Scientific classification
- Kingdom: Plantae
- Clade: Embryophytes
- Clade: Tracheophytes
- Clade: Angiosperms
- Clade: Eudicots
- Clade: Asterids
- Order: Gentianales
- Family: Apocynaceae
- Genus: Tabernaemontana
- Species: T. elegans
- Binomial name: Tabernaemontana elegans Stapf
- Synonyms: Conopharyngia elegans (Stapf) Stapf; Leptopharyngia elegans (Stapf) Boiteau;

= Tabernaemontana elegans =

- Genus: Tabernaemontana
- Species: elegans
- Authority: Stapf
- Conservation status: LC
- Synonyms: Conopharyngia elegans (Stapf) Stapf, Leptopharyngia elegans (Stapf) Boiteau

African tree species

Tabernaemontana elegans, the toad tree, is a shrub or small tree in the family Apocynaceae. It is native to eastern Africa.

==Description==
Tabernaemontana elegans grows up to 15 m tall, with a trunk diameter of up to 30 cm. Its fragrant flowers feature white, creamy or pale yellow corolla lobes. Fruit consists of 2 separate ovoid or ellipsoid pods, up to 8 cm each. The fruit has a warty appearance similar to the skin of a toad.

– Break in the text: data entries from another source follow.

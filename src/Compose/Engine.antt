-- ===== src/Compose/Engine.antt =====
-- What the commands of compose.go ask of the packages runtime, image, network and volume, over a
-- state `W` of the machine, and the loop that the commands share. Times and signals are numbers.
use thrive.Prelude.{ℕ, zero, suc, ◌+◌, Bool, Option, none, some, List, [], ◌∷◌, Text}
use thrive.Compose.StartOrder.{VisitError}
use thrive.Compose.Ports.{PortMapping}

pub record Mount : Type 0 where
  pub source : Text
  pub destination : Text
  pub mount_type : Text
  pub options : List Text

pub record ContainerConfig : Type 0 where
  pub id : Text
  pub image : Text
  pub command : List Text
  pub env : List Text
  pub ports : List PortMapping
  pub mounts : List Mount
  pub network_mode : Text
  pub restart_policy : Option Text

-- The calls of the other packages; `true` is success, `none` an error.
pub record Engine (W : Type 0) : Type 0 where
  pub entries : W → Option (List Text)
  pub state : Text → W → W × Option Text
  pub kill : Text → ℕ → W → W × Bool
  pub delete : Text → W → W × Bool
  pub create : ContainerConfig → W → W × Bool
  pub start : Text → W → W × Bool
  pub reset_to_created : Text → W → W × Bool
  pub await_stopped : Text → ℕ → W → W
  pub wait : Text → W → W
  pub pull : Text → W → W × Bool
  pub has_network : Text → W → W × Bool
  pub create_network : Text → W → W × Bool
  pub is_named_volume : Text → Bool
  pub ensure_volume : Text → W → W × Option Text
  pub parse_restart_policy : Text → Option Text

pub data CommandError : Type 0 where
  no_image : Text → CommandError
  pull_failed : Text → CommandError
  create_failed : Text → CommandError
  start_failed : Text → CommandError
  state_failed : Text → CommandError
  kill_failed : Text → CommandError
  delete_failed : Text → CommandError
  still_running : Text → CommandError
  network_failed : Text → CommandError
  volume_failed : Text → CommandError
  order_failed : VisitError → CommandError

-- A loop that returns at the first error.
unfoldable pub for_each :
    {A W : Type 0} → List A → (A → W → W × Option CommandError) → W → W × Option CommandError
for_each [] f w = (w, none)
for_each (x ∷ xs) f w = elim (f x w).1 [
  | some e ↦ ((f x w).0, some e)
  | none ↦ for_each xs f (f x w).0
]

-- i, i + 1, …, n of them.
unfoldable pub indices : ℕ → ℕ → List ℕ
indices i zero = []
indices i (suc n) = i ∷ indices (i + 1) n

==Distribution and habitat==
Tabernaemontana elegans grows in forests or bushland from sea level to 1000 m altitude. The species is native to Somalia, Kenya, Tanzania, Mozambique, Zimbabwe, Eswatini and South Africa.

==Uses==
Tabernaemontana elegans has some local medicinal uses including the treatment of heart disease, cancer, tuberculosis and venereal diseases. The species is also used as an aphrodisiac. The Zulu name for this genus, iNomfi, refers to the use of their sticky, milky latex as bird-lime (glue).

==Chemistry==
Fourteen indole alkaloids have been isolated in the callus culture of Tabernaemontana elegans (isovoacangine, 3-R/S-hydroxy-isovoacangine, 3-R/S-hydroxy-coronaridine, isositsirikine, geissoschizol, tabernaemontanine, vobasine, vobasinol, apparicine, 16-hydroxy-16,22-dihydro-apparicine, tubotaiwine, 3-R/S-hydroxy-conodurine and monogagaine) of which apparicine is the principal.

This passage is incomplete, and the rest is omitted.